May 19 2009
Classroom

Both Universities And Students Benefit From Online Education

Online courses offer cost savings and efficiencies to colleges and universities, but that’s not the main reason for the growth in online education.

Online courses offer cost savings and efficiencies to colleges and universities, but that’s not the main reason for the growth in online education. Michael Cornell, deputy chief technology officer at the University of Illinois Global Campus, and his colleagues at other universities are responding to an inexorable force: their students.

It’s the students who are asking colleges to offer more online courses. Financial pressures are forcing many of them to work longer hours at part-time jobs, so they need the flexibility of being able to take at least one or two online courses a semester. Midcareer professionals also like the convenience of fitting online courses into their busy work and family schedules, a service that community colleges deliver well.

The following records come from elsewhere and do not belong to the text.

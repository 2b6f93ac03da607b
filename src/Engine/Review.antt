-- ===== src/Engine/Review.antt =====
-- The body of the loop of `run` in backend/src/wandermind/cognitive/engine.py, from the score of a
-- candidate to the end of its independent review and revision.
use wander_mind.Prelude.{
  ℕ, Text, text, Bool, true, false, ◌&&◌, Option, none, some, List, [], ◌∷◌, ◌++◌, length,
  insert_new, is_empty, not, set_last, ltb, leb, if◌then◌else◌,
}
use wander_mind.Float.{f0_35, f0_60}
use wander_mind.Exec.{pure, gets, modify, ◌>>=◌, ◌>>◌}
use wander_mind.Models.Enums.{CandidateStatus, ThresholdDecision, Verdict}
use wander_mind.Models.Enums.CognitiveState.{score, explore, critique}
use wander_mind.Models.Thought.{
  KnowledgeItem, OperatorResult, Candidate, CandidateReviewResult, WonderScores, RuntimeRevision,
  skipped, reviewed,
}
use wander_mind.Models.Session.{evaluation_error, component_error}
use wander_mind.Engine.Components.{Components}
use wander_mind.Engine.State.{RunState, Run, candidate_row, attempt}
use wander_mind.Engine.Record.{no_fields, record_step, transition_to}
use wander_mind.Engine.Explore.{Found, spend_calls, save_calls}

-- A candidate with what its scoring gave.
pub record Judged : Type 0 where
  pub candidate : Candidate
  pub operator_result : OperatorResult
  pub scores : WonderScores
  pub decision : ThresholdDecision

-- `candidate.status` after a decision.
unfoldable pub status_of : ThresholdDecision → CandidateStatus
status_of ThresholdDecision.reject = CandidateStatus.rejected
status_of ThresholdDecision.keep_candidate = CandidateStatus.filtered
status_of _ = CandidateStatus.promising

-- `candidate.status` after a verdict.
unfoldable pub status_of_verdict : Verdict → CandidateStatus
status_of_verdict Verdict.reject = CandidateStatus.rejected
status_of_verdict Verdict.revise = CandidateStatus.filtered
status_of_verdict _ = CandidateStatus.explored

-- `decision in {ThresholdDecision.DEEP_EXPLORE, ThresholdDecision.SURFACE}`
unfoldable pub explores : ThresholdDecision → Bool
explores ThresholdDecision.deep_explore = true
explores ThresholdDecision.surface = true
explores _ = false

abbrev pub is_revise : Verdict → Bool
is_revise Verdict.revise = true
is_revise _ = false

abbrev verdict_text : Verdict → Text
verdict_text Verdict.pass = text "pass"
verdict_text Verdict.revise = text "revise"
verdict_text Verdict.reject = text "reject"
verdict_text Verdict.other = text "other"

-- `len(set(refs))`
unfoldable pub distinct : List ℕ → List ℕ → ℕ
distinct seen [] = length seen
distinct seen (r ∷ refs) = distinct (insert_new seen r) refs

-- The truth value of an optional string.
unfoldable pub is_given : Option Text → Bool
is_given none = false
is_given (some t) = not (is_empty t)

-- The list holds the object that was appended last, so a change of the candidate shows in it.
unfoldable pub set_candidate : Candidate → RunState → RunState
set_candidate candidate s = record s { candidates = set_last s.candidates candidate }

-- A change followed by `candidates.update(candidate)`.
unfoldable pub update_candidate : Candidate → RunState → RunState
update_candidate candidate s = record s {
  candidates = set_last s.candidates candidate;
  writes = candidate_row candidate ∷ s.writes;
}

unfoldable pub revision_ready : Option CandidateReviewResult → Bool
unfolding distinct is_given
revision_ready none = false
revision_ready (some review) =
    is_revise review.verdict
    && leb review.factual_risk f0_35
    && leb review.uncertainty f0_60
    && leb 2 (distinct [] review.supporting_source_refs)
    && is_given review.revised_statement
    && is_given review.expanded_idea

-- `value or fallback`
unfoldable pub given_or : Option Text → Text → Text
given_or none fallback = fallback
given_or (some t) fallback = if is_empty t then fallback else t

module _ (w : Components) where
  -- A score of the candidate, stored with its decision and the status that follows.
  unfoldable pub score_candidate : Found → Candidate → OperatorResult → Run Judged
  score_candidate found candidate operator_result = do
    s ← gets (λ s. s)
    scored ← attempt evaluation_error (λ t.
        w.score t candidate operator_result s.seed (found.left ∷ found.right ∷ [])
          found.association)
    let updated = record candidate {
      scores = some scored.0;
      threshold_decision = some scored.1;
      status = status_of scored.1;
    }
    modify (update_candidate updated)
    pure (record {
      candidate = updated;
      operator_result = operator_result;
      scores = scored.0;
      decision = scored.1;
    })

  -- The independent review: the state `explore`, the call, the verdict, the state `critique`.
  unfoldable pub review_with :
      (ℕ → Candidate → List KnowledgeItem → Option CandidateReviewResult)
      → Found
      → Judged
      → Run (Judged × Option CandidateReviewResult)
  review_with reviewer found j = do
    let step = record no_fields { candidate_ids = j.candidate.id ∷ [] }
    transition_to w explore "runtime_candidate_review"
        (text "an independent Agent Runtime reviewer checked evidence and weaknesses") step
    review ← attempt component_error (λ t. reviewer t j.candidate (found.left ∷ found.right ∷ []))
    modify (spend_calls review.runtime_calls)
    modify save_calls
    let updated = record (j.candidate) {
      status = status_of_verdict review.verdict;
      runtime_review = reviewed review;
    }
    modify (update_candidate updated)
    transition_to w critique "runtime_review_completed"
        (text "Agent Runtime critic verdict: " ++ verdict_text review.verdict) step
    pure (record j { candidate = updated }, some review)

  unfoldable pub skip_review : Judged → Run (Judged × Option CandidateReviewResult)
  skip_review j = do
    let updated = record (j.candidate) { runtime_review = skipped }
    modify (update_candidate updated)
    record_step w score "runtime_review_skipped"
        (text "runtime budget could not fund an independent candidate review")
        (record no_fields { candidate_ids = j.candidate.id ∷ [] })
    pure (record j { candidate = updated }, none)

  -- A review is due for a candidate worth exploring, and made if the budget has a call left.
  unfoldable pub review_candidate :
      Option (ℕ → Candidate → List KnowledgeItem → Option CandidateReviewResult)
      → Found
      → Judged
      → Run (Judged × Option CandidateReviewResult)
  unfolding review_with skip_review
  review_candidate none found j = pure (j, none)
  review_candidate (some reviewer) found j = do
    s ← gets (λ s. s)
    if explores j.decision
        then (if ltb s.runtime_calls_used s.session.budget.max_runtime_calls
            then review_with reviewer found j
            else skip_review j)
        else pure (j, none)

  unfoldable pub revision : Judged → Judged → RuntimeRevision
  revision j k = record {
    original_statement = j.candidate.statement;
    original_explanation = j.candidate.explanation;
    original_scores = j.scores;
    revised_scores = k.scores;
  }

  unfoldable pub revise_with : Found → Judged → CandidateReviewResult → Run Judged
  revise_with found j review = do
    let statement = given_or review.revised_statement j.candidate.statement
    let explanation = given_or review.expanded_idea j.candidate.explanation
    let revised_result = record (j.operator_result) {
      statement = statement;
      explanation = explanation;
    }
    let revised = record (j.candidate) { statement = statement; explanation = explanation }
    modify (set_candidate revised)
    k ← score_candidate found revised revised_result
    let updated = record (k.candidate) { runtime_revision = some (revision j k) }
    modify (update_candidate updated)
    pure (record k { candidate = updated })

  -- A ready revision replaces the text of the candidate, which is scored again.
  unfoldable pub revise_candidate : Found → Judged → Option CandidateReviewResult → Run Judged
  unfolding revise_with revision
  revise_candidate found j none = pure j
  revise_candidate found j (some review) =
      if revision_ready (some review) then revise_with found j review else pure j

“The growth in online courses and programs is fostered by student demand, rather than an assumption that online courses reduce the institutional cost of instruction,” says Kenneth Green, founder of the Campus Computing Project.

In fact, at least initially, Green says colleges should plan on some up-front costs for additional training, computing infrastructure and technical support, on top of the cost of converting curriculum to an online format.

But the investment in security may be the most important of all. Gaining the trust of your students and faculty that the online courseware and collaboration systems are secure is essential. Everything else crumbles if you can’t build that trust. As a result, many institutions are investing in back-end servers and storage infrastructure to build secure interfaces and collaboration tools that make it easy for students to learn.

Green says college IT departments also need to do a better job of mining available transactional data so faculty and administrators can get a more precise read on whether online learning is producing the positive results it promises. The data exists in your systems; you just have to present it to university stakeholders in a meaningful way.

Cost Savings

Ten years ago, most professors would have balked at the idea that they would be expected to teach at least one course a semester online, says Gartner analyst Marti Harris. But attitudes are evolving as colleges and universities adjust to challenging economic times, changing student demographics and greater acceptance of technology among faculty.

93 percent of community college presidents reported increased enrollment in online courses in the past year.

Source: The Campus Computing Project

This transition is made easier because online learning helps schools save on classroom space and allocate scarce faculty resources more efficiently. Cornell says his university’s online school has seen significant savings in capital expenditures compared with its brick-and-mortar counterparts because of its 100 percent online presence. He adds that the relatively low cost of ownership of hardware and software lets them offer a more affordable education with the high-quality experience the university provides.

“We also save by having a lower staff-to-student ratio, again without impacting the quality of the education,” Cornell says.

“Once we build a system or process, it can serve larger and larger populations with minimal incremental capital investment,” he says. “Another benefit is that students looking for a college experience that does not include the physical presence on a campus save even more on housing and transportation.”